Created attachment 4939
Patch to add rate limiting for moving/talk subpages

Adds a rate-limit-exceeded notice for each page that couldn't be moved in the list of pages that were supposed to be moved rather than $wgOut->rateLimited() so the user can still see the list of pages that were moved successfully (until they hit the limit) and which failed (due to the limit or other reasons).

Attached:

Created attachment 4942
Alternate patch - move basepage last

Splarka on IRC suggested that if a rate limit is tripped, the base page shouldn't be moved so that remaining sub/talk pages can be moved using the "move subpages" and "move talk page" options on the base page. This patch changes the MovePage form submission to try to move subpages and talk pages first, if applicable, then the base page if no rate limits are tripped. I tested it in various situations:

1. Limit hit before all subpages can be moved:
2. Subpages moved as long as the rate limiter allows
3. Base page not moved

2. Rate limit hit before anything can be moved:
3. Uses standard $wgOut->rateLimited();

3. No rate limits hit:
4. Same action as it currently does

4. Subpages moved, rate limit hit when moving base page:
5. Same as #1, but the base page is the only one not moved

**Note: For some reason, the subpages of user talk pages are moved into project-space. This doesn't happen with user pages, it seems to happen with the current code as well, might be related to bug 14258.

attachment patch2.patch ignored as obsolete

Created attachment 4943
Fix for previous patch

Fix docs on previous patch - "Alternate patch - move basepage last"

Attached:

This would just mean that there's no practical way to move pages with their subpages.

mike.lifeguard+bugs wrote:

If there is concern this will be abused, we could consider making the subpages-too option a sysop-only right.

Hmm... how about queueing the subpage moves for delayed background execution using something like the job queue (though they should probably have their own separate queue) and (and this is the important bit) having the queue handler re-check that the user who initiated the move is still allowed to make it. That would allow anti-vandal bots to interfere with massive subpage moves before they run to completion. I know, probably not trivial to implement, but one can wish...

ayg wrote:

(In reply to comment #5)

If there is concern this will be abused, we could consider making the
subpages-too option a sysop-only right.

That might be a good idea, if only for the sake of the log spam. Or at least make it autoconfirmed. (It should be available to all users by default, though, since on a typical wiki there won't be enough pages with many subpages to make this harmful.)

(In reply to comment #6)

Hmm... how about queueing the subpage moves for delayed background execution
using something like the job queue (though they should probably have their own
separate queue) and (and this is the important bit) having the queue handler
re-check that the user who initiated the move is still allowed to make it.
That would allow anti-vandal bots to interfere with massive subpage moves
before they run to completion.

Seems ineffective. Besides, in the long run it may be more efficient to move all of the pages in a single query.

charlottethewebb wrote:

If there is concern this will be abused, we could consider making the
subpages-too option a sysop-only right.

That might be a good idea, if only for the sake of the log spam. Or at least
make it autoconfirmed. (It should be available to all users by default,
though, since on a typical wiki there won't be enough pages with many subpages
to make this harmful.)

One must already "autoconfirmed" to move individual pages (at least on enwiki -- default settings are probably more lax) so this would have no effect on vandalism.

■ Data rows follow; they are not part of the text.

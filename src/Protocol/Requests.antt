-- ===== src/Protocol/Requests.antt =====
-- The messages of hexa/protocol.hpp by which a client asks for terrain.
pub mod Laws
use hexahedra.Base.{ℕ, ◌≡◌, refl, sym, List, [], ◌∷◌, Bool, true, false}
use hexahedra.Wire.Defs.{Serial, ◌▸◌, via, fields, initially}
use hexahedra.Wire.Endian.{ByteOrder}
use hexahedra.Wire.Scalars.{u8, bool, u16, u32, IsByte, IsU16, IsU32, scalar}
use hexahedra.Wire.Sequences.{elements, string, char_vector, vector, counted_bytes}
use hexahedra.Wire.Points.{
  Vector2, Vector3, Aabb, Wfpos, aabb, chunk_index, coordinates, map_coordinates, wfpos,
}
use hexahedra.Wire.Sequences.{Text}

-- `msg::request_surfaces::record`
pub record SurfaceRequest : Type 0 where
  pub position : Vector3 ℕ
  pub version : ℕ

-- `msg::request_surfaces`
pub record RequestSurfaces : Type 0 where
  pub requests : List SurfaceRequest

-- `msg::request_heights::record`
pub record HeightRequest : Type 0 where
  pub position : Vector2 ℕ
  pub last_update : ℕ

-- `msg::request_heights`
pub record RequestHeights : Type 0 where
  pub requests : List HeightRequest

module _ ⦃host : ByteOrder⦄ where
  unfoldable pub surface_request : Serial SurfaceRequest
  unfolding fields ◌▸◌ initially
  surface_request =
      fields (λ t. record { position = t.0; version = t.1 }) (λ m. (m.position, m.version))
        (coordinates ▸ u32)

  unfoldable pub request_surfaces : Serial RequestSurfaces
  unfolding fields ◌▸◌ initially
  request_surfaces =
      fields (λ t. record { requests = t }) (λ m. m.requests) (vector surface_request)

  unfoldable pub height_request : Serial HeightRequest
  unfolding fields ◌▸◌ initially
  height_request =
      fields (λ t. record { position = t.0; last_update = t.1 }) (λ m. (m.position, m.last_update))
        (map_coordinates ▸ u32)

  unfoldable pub request_heights : Serial RequestHeights
  unfolding fields ◌▸◌ initially
  request_heights = fields (λ t. record { requests = t }) (λ m. m.requests) (vector height_request)
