-- ===== src/Protocol/Client.antt =====
-- The messages that a client sends, and what a server does with a packet: hexa/protocol.hpp and
-- `network::on_receive` of hexa/server/network.cpp.
pub mod Delivery
use hexahedra.Base.{ℕ, List, [], ◌∷◌, Option, none, some, ◌==◌, if◌then◌else◌}
use hexahedra.Wire.Defs.{Result, ok, err, out_of_bounds, ◌>>=◌}
use hexahedra.Wire.Endian.{ByteOrder}
use hexahedra.Protocol.Packet.{Reliability, sequenced, reliable, unreliable, serialize_packet, make}
use hexahedra.Protocol.Login
use hexahedra.Protocol.Requests
use hexahedra.Protocol.Actions

pub data ClientMessage : Type 0 where
  login : Login.Login → ClientMessage
  time_sync_request : Login.TimeSyncRequest → ClientMessage
  console : Login.Console → ClientMessage
  request_surfaces : Requests.RequestSurfaces → ClientMessage
  request_heights : Requests.RequestHeights → ClientMessage
  button_press : Actions.ButtonPress → ClientMessage
  button_release : Actions.ButtonRelease → ClientMessage
  trigger : Actions.Trigger → ClientMessage
  look_at : Actions.LookAt → ClientMessage
  motion : Actions.Motion → ClientMessage
  logout : ClientMessage

-- `msg_id` of each class
unfoldable pub msg_id : ClientMessage → ℕ
msg_id (login _) = 128
msg_id (time_sync_request _) = 130
msg_id (console _) = 131
msg_id (request_surfaces _) = 139
msg_id (request_heights _) = 140
msg_id (button_press _) = 160
msg_id (button_release _) = 161
msg_id (trigger _) = 162
msg_id (look_at _) = 163
msg_id (motion _) = 164
msg_id logout = 129

-- `method` of each class
unfoldable pub method : ClientMessage → Reliability
method (login _) = reliable
method (time_sync_request _) = unreliable
method (console _) = sequenced
method (request_surfaces _) = reliable
method (request_heights _) = reliable
method (button_press _) = sequenced
method (button_release _) = sequenced
method (trigger _) = sequenced
method (look_at _) = unreliable
method (motion _) = reliable
method logout = sequenced

module _ ⦃host : ByteOrder⦄ where
  -- `serialize_packet(m)` at each class. `logout` has no `serialize`: its packet is the type alone.
  unfoldable pub packet : ClientMessage → Result (List ℕ)
  unfolding serialize_packet msg_id
  packet (login m) = serialize_packet (msg_id (login m)) Login.login m
  packet (time_sync_request m) =
      serialize_packet (msg_id (time_sync_request m)) Login.time_sync_request m
  packet (console m) = serialize_packet (msg_id (console m)) Login.console m
  packet (request_surfaces m) =
      serialize_packet (msg_id (request_surfaces m)) Requests.request_surfaces m
  packet (request_heights m) =
      serialize_packet (msg_id (request_heights m)) Requests.request_heights m
  packet (button_press m) = serialize_packet (msg_id (button_press m)) Actions.button_press m
  packet (button_release m) = serialize_packet (msg_id (button_release m)) Actions.button_release m
  packet (trigger m) = serialize_packet (msg_id (trigger m)) Actions.trigger m
  packet (look_at m) = serialize_packet (msg_id (look_at m)) Actions.look_at m
  packet (motion m) = serialize_packet (msg_id (motion m)) Actions.motion m
  packet logout = ok (msg_id logout ∷ [])

  -- `network::on_receive`: the message that the handler of its class makes; `none` is `unknown`.
  -- No packet is empty: its type is read unchecked.
  unfoldable pub on_receive : List ℕ → Result (Option ClientMessage)
  unfolding make
  on_receive [] = err out_of_bounds
  on_receive (id ∷ body) =
      if id == 128
      then (make Login.login body >>= λ m. ok (some (login m)))
      else if id == 129
      then ok (some logout)
      else if id == 130
      then (make Login.time_sync_request body >>= λ m. ok (some (time_sync_request m)))
      else if id == 140
      then (make Requests.request_heights body >>= λ m. ok (some (request_heights m)))
      else if id == 139
      then (make Requests.request_surfaces body >>= λ m. ok (some (request_surfaces m)))
      else if id == 163
      then (make Actions.look_at body >>= λ m. ok (some (look_at m)))
      else if id == 164
      then (make Actions.motion body >>= λ m. ok (some (motion m)))
      else if id == 160
      then (make Actions.button_press body >>= λ m. ok (some (button_press m)))
      else if id == 161
      then (make Actions.button_release body >>= λ m. ok (some (button_release m)))
      else if id == 131
      then (make Login.console body >>= λ m. ok (some (console m)))
      else ok none
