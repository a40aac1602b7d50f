-- ===== src/Protocol/Packet/Laws.antt =====
-- Packets of an archived type.
use hexahedra.Base.{ℕ, ◌≡◌, refl, List, [], ◌∷◌, ◌++◌, append-nil}
use hexahedra.Wire.Defs.{Fault, Result, ok, err, ◌>>=◌, Serial}
use hexahedra.Wire.Laws.Defs.{Lawful}
use hexahedra.Protocol.Packet.{serialize_packet, make}

>>=-err {ℓ κ} :
    {A : Type ℓ} {B : Type κ} (r : Result A) (f : A → Result B) (e : Fault)
    → r ≡ err e
    → (r >>= f) ≡ err e
>>=-err r f e h = rw h

append-ne-nil : (rest back : List ℕ) (x : ℕ) → rest ++ (x ∷ back) ≡ [] → ⊥
append-ne-nil [] back x h = cc
append-ne-nil (y ∷ rest) back x h = cc

module _ {A : Type 0} {s : Serial A} {P : A → Type 0} where
  pub serialize_packet-bytes :
      (id : ℕ) (ls : Lawful s P) (m : A) → P m → serialize_packet id s m ≡ ok (id ∷ ls.bytes m)
  unfolding serialize_packet
  serialize_packet-bytes id ls m h = ls.writes m (id ∷ []) h

  whole :
      (ls : Lawful s P) (m : A) → P m → s.read s.fresh (ls.bytes m) ≡ ok (ls.merge s.fresh m, [])
  whole ls m h = rw append-nil at (ls.reads s.fresh m [] h)

  pub make-bytes : (ls : Lawful s P) (m : A) → P m → make s (ls.bytes m) ≡ ok m
  unfolding make
  make-bytes ls m h = rw (whole ls m h, ls.fresh_merge m h)

  -- A body that lost its end is read by no one.
  read_truncated :
      (ls : Lawful s P) (m : A) (front back : List ℕ) (x : ℕ)
      → P m
      → ls.bytes m ≡ front ++ (x ∷ back)
      → (r : Result (A × List ℕ)) → s.read s.fresh front ≡ r
      → (e : Fault) × (r ≡ err e)
  read_truncated ls m front back x h sent (err e) eq = (e, refl)
  read_truncated ls m front back x h sent (ok (a, rest)) eq =
      absurd (
        append-ne-nil rest back x
          (cc (whole ls m h, ls.extends s.fresh a front rest (x ∷ back) eq)))

  pub make_truncated :
      (id : ℕ) (ls : Lawful s P) (m : A) (front back : List ℕ) (x : ℕ)
      → P m
      → serialize_packet id s m ≡ ok (id ∷ (front ++ (x ∷ back)))
      → (e : Fault) × (make s front ≡ err e)
  unfolding make
  make_truncated id ls m front back x h sent =
      let same : ls.bytes m ≡ front ++ (x ∷ back) = cc (serialize_packet-bytes id ls m h) in
      let (e, refused) = read_truncated ls m front back x h same (s.read s.fresh front) refl in
      (e, >>=-err (s.read s.fresh front) _ e refused)
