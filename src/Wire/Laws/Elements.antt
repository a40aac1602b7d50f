-- ===== src/Wire/Laws/Elements.antt =====
-- The elements of vectors and arrays of hexa/serialize.hpp, one after the other.
use hexahedra.Base.{
  ℕ, zero, suc, ◌<◌, ◌≡◌, refl, sym, ap, ◌∙◌, List, [], ◌∷◌, ◌++◌, length, replicate, All,
  All-append, arith, append-nil, append_assoc,
}
use hexahedra.Wire.Defs.{ok, >>=-eq-ok, Serial}
use hexahedra.Wire.Scalars.{IsByte}
use hexahedra.Wire.Sequences.{resize, write_each, read_each, elements}
use hexahedra.Wire.Laws.Defs.{Lawful}

pub resize-nil {ℓ} : {A : Type ℓ} (n : ℕ) (fresh : A) → resize n fresh [] ≡ replicate n fresh
resize-nil zero fresh = refl
resize-nil (suc n) fresh = ap (◌∷◌ fresh) (resize-nil n fresh)

resize-replicate {ℓ} :
    {A : Type ℓ} (n : ℕ) (fresh : A) → resize n fresh (replicate n fresh) ≡ replicate n fresh
resize-replicate zero fresh = refl
resize-replicate (suc n) fresh = ap (◌∷◌ fresh) (resize-replicate n fresh)

pub length-resize {ℓ} :
    {A : Type ℓ} (n : ℕ) (fresh : A) (old : List A) → length (resize n fresh old) ≡ n
length-resize zero fresh old = refl
length-resize (suc n) fresh [] = ap suc (length-resize n fresh [])
length-resize (suc n) fresh (x ∷ xs) = ap suc (length-resize n fresh xs)

-- Lengths that the 16 bits of the format hold.
abbrev pub IsShort : {A : Type 0} → List A → Type 0
IsShort xs = length xs < 65536

abbrev pub IsText : List ℕ → Type 0
IsText val = IsShort val × All IsByte val

abbrev pub IsVector : {A : Type 0} → (A → Type 0) → List A → Type 0
IsVector P xs = IsShort xs × All P xs

abbrev pub IsArray : {A : Type 0} → ℕ → (A → Type 0) → List A → Type 0
IsArray count P xs = (length xs ≡ count) × All P xs

module _ {A : Type 0} {s : Serial A} {P : A → Type 0} (ls : Lawful s P) where
  abbrev pub bytes_each : List A → List ℕ
  bytes_each [] = []
  bytes_each (x ∷ xs) = ls.bytes x ++ bytes_each xs

  pub write_each-bytes :
      (xs : List A) (out : List ℕ) → All P xs → write_each s xs out ≡ ok (out ++ bytes_each xs)
  unfolding write_each
  write_each-bytes [] out h = rw append-nil
  write_each-bytes (x ∷ xs) out (hx, hxs) =
      rw (ls.writes x out hx) (rw (write_each-bytes xs (out ++ ls.bytes x) hxs, append_assoc))

  abbrev pub merge_each : List A → List A → List A
  merge_each [] xs = []
  merge_each (o ∷ os) [] = []
  merge_each (o ∷ os) (x ∷ xs) = ls.merge o x ∷ merge_each os xs

  pub read_each-bytes :
      (olds xs : List A) (rest : List ℕ)
      → length olds ≡ length xs
      → All P xs
      → read_each s olds (bytes_each xs ++ rest) ≡ ok (merge_each olds xs, rest)
  unfolding read_each
  read_each-bytes [] [] rest e h = refl
  read_each-bytes [] (x ∷ xs) rest e h = absurd (omega arith)
  read_each-bytes (o ∷ os) [] rest e h = absurd (omega arith)
  read_each-bytes (o ∷ os) (x ∷ xs) rest e (hx, hxs) =
      rw (append_assoc, ls.reads o x (bytes_each xs ++ rest) hx)
        (rw (read_each-bytes os xs rest (omega arith) hxs))

  pub merge_each-replicate :
      (xs : List A) → All P xs → merge_each (replicate (length xs) s.fresh) xs ≡ xs
  merge_each-replicate [] h = refl
  merge_each-replicate (x ∷ xs) (hx, hxs) = rw (ls.fresh_merge x hx, merge_each-replicate xs hxs)

  pub bytes_each-IsByte : (xs : List A) → All P xs → All IsByte (bytes_each xs)
  bytes_each-IsByte [] h = tt
  bytes_each-IsByte (x ∷ xs) (hx, hxs) =
      All-append IsByte (ls.bytes x) (bytes_each xs) (ls.octets x hx) (bytes_each-IsByte xs hxs)

  pub read_each-extends :
      (old xs : List A) (src rest more : List ℕ)
      → read_each s old src ≡ ok (xs, rest)
      → read_each s old (src ++ more) ≡ ok (xs, rest ++ more)
  unfolding read_each
  read_each-extends [] xs src rest more h = cc
  read_each-extends (x ∷ old) xs src rest more h =
      let ((y, mid), e, h') = >>=-eq-ok (s.read x src) _ h in
      let ((ys, rest'), e', h'') = >>=-eq-ok (read_each s old mid) _ h' in
      rw (ls.extends x y src mid more e, read_each-extends old ys mid rest' more e') (cc)

  pub read_each_takes :
      (old xs : List A) (src rest : List ℕ)
      → read_each s old src ≡ ok (xs, rest)
      → (taken : List ℕ) × (src ≡ taken ++ rest)
  unfolding read_each
  read_each_takes [] xs src rest h = ([], cc)
  read_each_takes (x ∷ old) xs src rest h =
      let ((y, mid), e, h') = >>=-eq-ok (s.read x src) _ h in
      let ((ys, rest'), e', h'') = >>=-eq-ok (read_each s old mid) _ h' in
      let (front, here) = ls.takes x y src mid e in
      let (back, there) = read_each_takes old ys mid rest' e' in
      (front ++ back, cc (append_assoc front back rest'))

  -- A fixed number of objects, one after the other.
  pub elements-Lawful : (count : ℕ) → Lawful (elements s count) (IsArray count P)
  unfolding elements
  elements-Lawful count = record {
    bytes = bytes_each;
    writes = λ xs out h. write_each-bytes xs out h.1;
    merge = λ old xs. merge_each (resize count s.fresh old) xs;
    reads = λ old xs rest h.
        read_each-bytes (resize count s.fresh old) xs rest
          (length-resize count s.fresh old ∙ sym h.0) h.1;
    fresh_merge = λ xs h. rw (resize-replicate count s.fresh, ← h.0) (merge_each-replicate xs h.1);
    octets = λ xs h. bytes_each-IsByte xs h.1;
    extends =
        λ old xs src rest more h. read_each-extends (resize count s.fresh old) xs src rest more h;
    takes = λ old xs src rest h. read_each_takes (resize count s.fresh old) xs src rest h;
  }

Log spam might be better avoided by collapsing a "page and sub-pages" move into a single log action (expandable for those who wish to see the whole list). A quid pro quo "(revert all)" link would ensure that bad multi-page moves are entirely corrected, as would a button to delete all the redirects in one fell swoop, though these ideas should probably go on a separate ticket.........

ayg wrote:

(In reply to comment #8)

Log spam might be better avoided by collapsing a "page and sub-pages" move into
a single log action (expandable for those who wish to see the whole list). A
quid pro quo "(revert all)" link would ensure that bad multi-page moves are
entirely corrected, as would a button to delete all the redirects in one fell
swoop, though these ideas should probably go on a separate ticket.........

The log format is pretty inflexible at present, unfortunately, but what you say is probably the best interface, yes. Another bug would be good.